» Exercise objective
Each entry below needs to be reproduced exactly as given.

[Dataset records]

+--

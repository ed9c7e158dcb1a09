-- ===== src/Texts/Partitions/Laws.antt =====
-- What the texts of partitions tell.
use Prim.Native.Char.{Char}
use text.Mathlib.TextEquality.{eq_iff}
use text.Mathlib.TextLemmas.{
  nil-append, cons-append, append_assoc, append-nil, append-ne-nil_of_right_ne-nil,
  head-eq_of_cons-eq, tail-eq_of_cons-eq, cons-ne-nil,
}
use modern_cpp_kafka.Prelude.{
  ℕ, String, pos, ◌≡◌, ◌≢◌, refl, ap, sym, ◌∙◌, true, false, [], ◌∷◌, arith,
}
use modern_cpp_kafka.StdText.{to_string}
use modern_cpp_kafka.StdText.RoundTrip.{to_string_inj, has_minus, has_minus-to_string}
use modern_cpp_kafka.Types.{Topic, TopicPartition, TopicPartitions}
use modern_cpp_kafka.Texts.{◌<>◌, comma}
use modern_cpp_kafka.Texts.Partitions.{
  show_topic_partition, append_partitions, show_topic_partitions,
}

abbrev dashed : String → String → String
dashed s d = s <> String.◌∷◌ "-" d

has_minus-dashed : (s d : String) → has_minus (dashed s d) ≡ true
unfolding has_minus
has_minus-dashed String.[] d = rw nil-append refl
has_minus-dashed (String.◌∷◌ c s) d = rw cons-append (ground (arith, has_minus-dashed s d))

-- The last minus parts a text in one way.
dashed_inj :
    (s t d e : String)
    → has_minus d ≡ false
    → has_minus e ≡ false
    → dashed s d ≡ dashed t e
    → (s ≡ t) × (d ≡ e)
dashed_inj String.[] String.[] d e h k eq =
    (refl, tail-eq_of_cons-eq (sym (nil-append _) ∙ eq ∙ nil-append _))
dashed_inj String.[] (String.◌∷◌ c t) d e h k eq =
    cc (h, has_minus-dashed t e, tail-eq_of_cons-eq (sym (nil-append _) ∙ eq ∙ cons-append c t _))
dashed_inj (String.◌∷◌ c s) String.[] d e h k eq =
    cc (k, has_minus-dashed s d, tail-eq_of_cons-eq (sym (cons-append c s _) ∙ eq ∙ nil-append _))
dashed_inj (String.◌∷◌ b s) (String.◌∷◌ c t) d e h k eq =
    let whole = sym (cons-append b s _) ∙ eq ∙ cons-append c t _ in
    let (front, back) = dashed_inj s t d e h k (tail-eq_of_cons-eq whole) in
    (cc (head-eq_of_cons-eq whole, front), back)

show_topic_partition-dashed :
    (topic : Topic) (n : ℕ) → show_topic_partition (topic, pos n) ≡ dashed topic (to_string (pos n))
unfolding show_topic_partition
show_topic_partition-dashed topic n = rw (cons-append, nil-append) refl

-- Partitions with numbers that are not negative have different texts.
pub show_topic_partition_inj :
    (s t : Topic) (m n : ℕ)
    → show_topic_partition (s, pos m) ≡ show_topic_partition (t, pos n)
    → (s ≡ t) × (m ≡ n)
show_topic_partition_inj s t m n h =
    let (topic, number) =
      dashed_inj s t (to_string (pos m)) (to_string (pos n)) (has_minus-to_string m)
        (has_minus-to_string n)
        (sym (show_topic_partition-dashed s m) ∙ h ∙ show_topic_partition-dashed t n) in
    (topic, to_string_inj m n number)

-- The texts of the elements, with commas between them.
abbrev pub joined : TopicPartitions → String
joined [] = ""
joined ((tp, _) ∷ []) = show_topic_partition tp
joined ((tp, _) ∷ next ∷ tps) = show_topic_partition tp <> "," <> joined (next ∷ tps)

abbrev after : TopicPartitions → String
after [] = ""
after ((tp, _) ∷ tps) = "," <> show_topic_partition tp <> after tps

joined-after :
    (tp : TopicPartition) (u : Unit {0}) (tps : TopicPartitions)
    → joined ((tp, u) ∷ tps) ≡ show_topic_partition tp <> after tps
joined-after tp u [] = sym (append-nil _)
joined-after tp u ((next, v) ∷ tps) =
    ap (λ (s : String). show_topic_partition tp <> "," <> s) (joined-after next v tps)

comma-ne : (ret : String) → ret ≢ "" → comma ret ≡ ","
comma-ne ret h = ground (arith, eq_iff ret "", h)

one_ne-nil : (c : Char) (s : String) → String.◌∷◌ c "" <> s ≢ ""
one_ne-nil c s e = cons-ne-nil c _ (sym (cons-append c "" s) ∙ e)

item-ne-nil : (tp : TopicPartition) → show_topic_partition tp ≢ ""
unfolding show_topic_partition
item-ne-nil (t, p) = append-ne-nil_of_right_ne-nil t (one_ne-nil "-" (to_string p))

append_partitions-after :
    (tps : TopicPartitions) (ret : String) → ret ≢ "" → append_partitions tps ret ≡ ret <> after tps
unfolding append_partitions show_topic_partition
append_partitions-after [] ret h = sym (append-nil ret)
append_partitions-after (((t, p), u) ∷ tps) ret h =
    ap (λ (s : String). append_partitions tps (ret <> s <> show_topic_partition (t, p)))
      (comma-ne ret h)
    ∙ append_partitions-after tps (ret <> "," <> show_topic_partition (t, p))
        (append-ne-nil_of_right_ne-nil ret (one_ne-nil "," (show_topic_partition (t, p))))
    ∙ append_assoc ret ("," <> show_topic_partition (t, p)) (after tps)
    ∙ ap (λ (s : String). ret <> s) (append_assoc "," (show_topic_partition (t, p)) (after tps))

-- The text of a set of partitions is the texts of the partitions with commas between them.
pub show_topic_partitions_lem : (tps : TopicPartitions) → show_topic_partitions tps ≡ joined tps
unfolding show_topic_partitions
show_topic_partitions_lem [] = refl
show_topic_partitions_lem (((t, p), u) ∷ tps) =
    ap (append_partitions tps) (nil-append _ ∙ nil-append _)
    ∙ append_partitions-after tps (show_topic_partition (t, p)) (item-ne-nil (t, p))
    ∙ sym (joined-after (t, p) u tps)
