-- ===== src/Texts/Produced.antt =====
-- include/kafka/ProducerRecord.h: a record to be sent, and its text.
use modern_cpp_kafka.Prelude.{
  ℕ, String, pos, eqb_ℤ, Option, none, some, List, [], if◌then◌else◌, is_empty,
}
use modern_cpp_kafka.StdText.{to_string}
use modern_cpp_kafka.Types.{Topic, Partition, unassigned}
use modern_cpp_kafka.Texts.{◌<>◌, ConstBuffer, show_buffer}
use modern_cpp_kafka.Texts.Records.{show_headers}

pub record ProducedRecord : Type 0 where
  pub topic : Topic
  pub partition : Partition
  pub key : ConstBuffer
  pub value : ConstBuffer
  pub headers : List (String × ConstBuffer)
  pub id : Option ℕ

-- The constructors, with a partition or without.
abbrev pub of_partition : Topic → Partition → ConstBuffer → ConstBuffer → ProducedRecord
of_partition t p k v = record {
  topic = t;
  partition = p;
  key = k;
  value = v;
  headers = [];
  id = none;
}

abbrev pub of_topic : Topic → ConstBuffer → ConstBuffer → ProducedRecord
of_topic t k v = of_partition t unassigned k v

-- ProducerRecord::toString
unfoldable pub show_produced : ProducedRecord → String
show_produced r =
    r.topic
    <> "-"
    <> (if eqb_ℤ r.partition unassigned then "NA" else to_string r.partition)
    <> ":"
    <> (elim r.id [ none ↦ " " | some n ↦ to_string (pos n) <> ", " ])
    <> (if is_empty r.headers then "" else "headers[" <> show_headers r.headers <> "], ")
    <> show_buffer r.key
    <> "/"
    <> show_buffer r.value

+--

» Reply to the task
repository ed9c7e158dcb1a09
-- ===== src/Texts/Partitions/Laws.antt =====
-- What the texts of partitions tell.
use Prim.Native.Char.{Char}
use text.Mathlib.TextEquality.{eq_iff}
use text.Mathlib.TextLemmas.{
  nil-append, cons-append, append_assoc, append-nil, append-ne-nil_of_right_ne-nil,
  head-eq_of_cons-eq, tail-eq_of_cons-eq, cons-ne-nil,
}
use modern_cpp_kafka.Prelude.{
  ℕ, String, pos, ◌≡◌, ◌≢◌, refl, ap, sym, ◌∙◌, true, false, [], ◌∷◌, arith,
}
use modern_cpp_kafka.StdText.{to_string}
use modern_cpp_kafka.StdText.RoundTrip.{to_string_inj, has_minus, has_minus-to_string}
use modern_cpp_kafka.Types.{Topic, TopicPartition, TopicPartitions}
use modern_cpp_kafka.Texts.{◌<>◌, comma}
use modern_cpp_kafka.Texts.Partitions.{
  show_topic_partition, append_partitions, show_topic_partitions,
}

abbrev dashed : String → String → String
dashed s d = s <> String.◌∷◌ "-" d

has_minus-dashed : (s d : String) → has_minus (dashed s d) ≡ true
unfolding has_minus
has_minus-dashed String.[] d = rw nil-append refl
has_minus-dashed (String.◌∷◌ c s) d = rw cons-append (ground (arith, has_minus-dashed s d))

-- The last minus parts a text in one way.
dashed_inj :
    (s t d e : String)
    → has_minus d ≡ false
    → has_minus e ≡ false
    → dashed s d ≡ dashed t e
    → (s ≡ t) × (d ≡ e)
dashed_inj String.[] String.[] d e h k eq =
    (refl, tail-eq_of_cons-eq (sym (nil-append _) ∙ eq ∙ nil-append _))
dashed_inj String.[] (String.◌∷◌ c t) d e h k eq =
    cc (h, has_minus-dashed t e, tail-eq_of_cons-eq (sym (nil-append _) ∙ eq ∙ cons-append c t _))
dashed_inj (String.◌∷◌ c s) String.[] d e h k eq =
    cc (k, has_minus-dashed s d, tail-eq_of_cons-eq (sym (cons-append c s _) ∙ eq ∙ nil-append _))
dashed_inj (String.◌∷◌ b s) (String.◌∷◌ c t) d e h k eq =
    let whole = sym (cons-append b s _) ∙ eq ∙ cons-append c t _ in
    let (front, back) = dashed_inj s t d e h k (tail-eq_of_cons-eq whole) in
    (cc (head-eq_of_cons-eq whole, front), back)

show_topic_partition-dashed :
    (topic : Topic) (n : ℕ) → show_topic_partition (topic, pos n) ≡ dashed topic (to_string (pos n))
unfolding show_topic_partition
show_topic_partition-dashed topic n = rw (cons-append, nil-append) refl

-- Partitions with numbers that are not negative have different texts.
pub show_topic_partition_inj :
    (s t : Topic) (m n : ℕ)
    → show_topic_partition (s, pos m) ≡ show_topic_partition (t, pos n)
    → (s ≡ t) × (m ≡ n)
show_topic_partition_inj s t m n h =
    let (topic, number) =
      dashed_inj s t (to_string (pos m)) (to_string (pos n)) (has_minus-to_string m)
        (has_minus-to_string n)
        (sym (show_topic_partition-dashed s m) ∙ h ∙ show_topic_partition-dashed t n) in
    (topic, to_string_inj m n number)

-- The texts of the elements, with commas between them.
abbrev pub joined : TopicPartitions → String
joined [] = ""
joined ((tp, _) ∷ []) = show_topic_partition tp
joined ((tp, _) ∷ next ∷ tps) = show_topic_partition tp <> "," <> joined (next ∷ tps)

abbrev after : TopicPartitions → String
after [] = ""
after ((tp, _) ∷ tps) = "," <> show_topic_partition tp <> after tps

joined-after :
    (tp : TopicPartition) (u : Unit {0}) (tps : TopicPartitions)
    → joined ((tp, u) ∷ tps) ≡ show_topic_partition tp <> after tps
joined-after tp u [] = sym (append-nil _)
joined-after tp u ((next, v) ∷ tps) =
    ap (λ (s : String). show_topic_partition tp <> "," <> s) (joined-after next v tps)

comma-ne : (ret : String) → ret ≢ "" → comma ret ≡ ","
comma-ne ret h = ground (arith, eq_iff ret "", h)

one_ne-nil : (c : Char) (s : String) → String.◌∷◌ c "" <> s ≢ ""
one_ne-nil c s e = cons-ne-nil c _ (sym (cons-append c "" s) ∙ e)

item-ne-nil : (tp : TopicPartition) → show_topic_partition tp ≢ ""
unfolding show_topic_partition
item-ne-nil (t, p) = append-ne-nil_of_right_ne-nil t (one_ne-nil "-" (to_string p))

append_partitions-after :
    (tps : TopicPartitions) (ret : String) → ret ≢ "" → append_partitions tps ret ≡ ret <> after tps
unfolding append_partitions show_topic_partition
append_partitions-after [] ret h = sym (append-nil ret)
append_partitions-after (((t, p), u) ∷ tps) ret h =
    ap (λ (s : String). append_partitions tps (ret <> s <> show_topic_partition (t, p)))
      (comma-ne ret h)
    ∙ append_partitions-after tps (ret <> "," <> show_topic_partition (t, p))
        (append-ne-nil_of_right_ne-nil ret (one_ne-nil "," (show_topic_partition (t, p))))
    ∙ append_assoc ret ("," <> show_topic_partition (t, p)) (after tps)
    ∙ ap (λ (s : String). ret <> s) (append_assoc "," (show_topic_partition (t, p)) (after tps))

-- The text of a set of partitions is the texts of the partitions with commas between them.
pub show_topic_partitions_lem : (tps : TopicPartitions) → show_topic_partitions tps ≡ joined tps
unfolding show_topic_partitions
show_topic_partitions_lem [] = refl
show_topic_partitions_lem (((t, p), u) ∷ tps) =
    ap (append_partitions tps) (nil-append _ ∙ nil-append _)
    ∙ append_partitions-after tps (show_topic_partition (t, p)) (item-ne-nil (t, p))
    ∙ sym (joined-after (t, p) u tps)
-- ===== src/Texts/Produced.antt =====
-- include/kafka/ProducerRecord.h: a record to be sent, and its text.
use modern_cpp_kafka.Prelude.{
  ℕ, String, pos, eqb_ℤ, Option, none, some, List, [], if◌then◌else◌, is_empty,
}
use modern_cpp_kafka.StdText.{to_string}
use modern_cpp_kafka.Types.{Topic, Partition, unassigned}
use modern_cpp_kafka.Texts.{◌<>◌, ConstBuffer, show_buffer}
use modern_cpp_kafka.Texts.Records.{show_headers}

pub record ProducedRecord : Type 0 where
  pub topic : Topic
  pub partition : Partition
  pub key : ConstBuffer
  pub value : ConstBuffer
  pub headers : List (String × ConstBuffer)
  pub id : Option ℕ

-- The constructors, with a partition or without.
abbrev pub of_partition : Topic → Partition → ConstBuffer → ConstBuffer → ProducedRecord
of_partition t p k v = record {
  topic = t;
  partition = p;
  key = k;
  value = v;
  headers = [];
  id = none;
}

abbrev pub of_topic : Topic → ConstBuffer → ConstBuffer → ProducedRecord
of_topic t k v = of_partition t unassigned k v

-- ProducerRecord::toString
unfoldable pub show_produced : ProducedRecord → String
show_produced r =
    r.topic
    <> "-"
    <> (if eqb_ℤ r.partition unassigned then "NA" else to_string r.partition)
    <> ":"
    <> (elim r.id [ none ↦ " " | some n ↦ to_string (pos n) <> ", " ])
    <> (if is_empty r.headers then "" else "headers[" <> show_headers r.headers <> "], ")
    <> show_buffer r.key
    <> "/"
    <> show_buffer r.value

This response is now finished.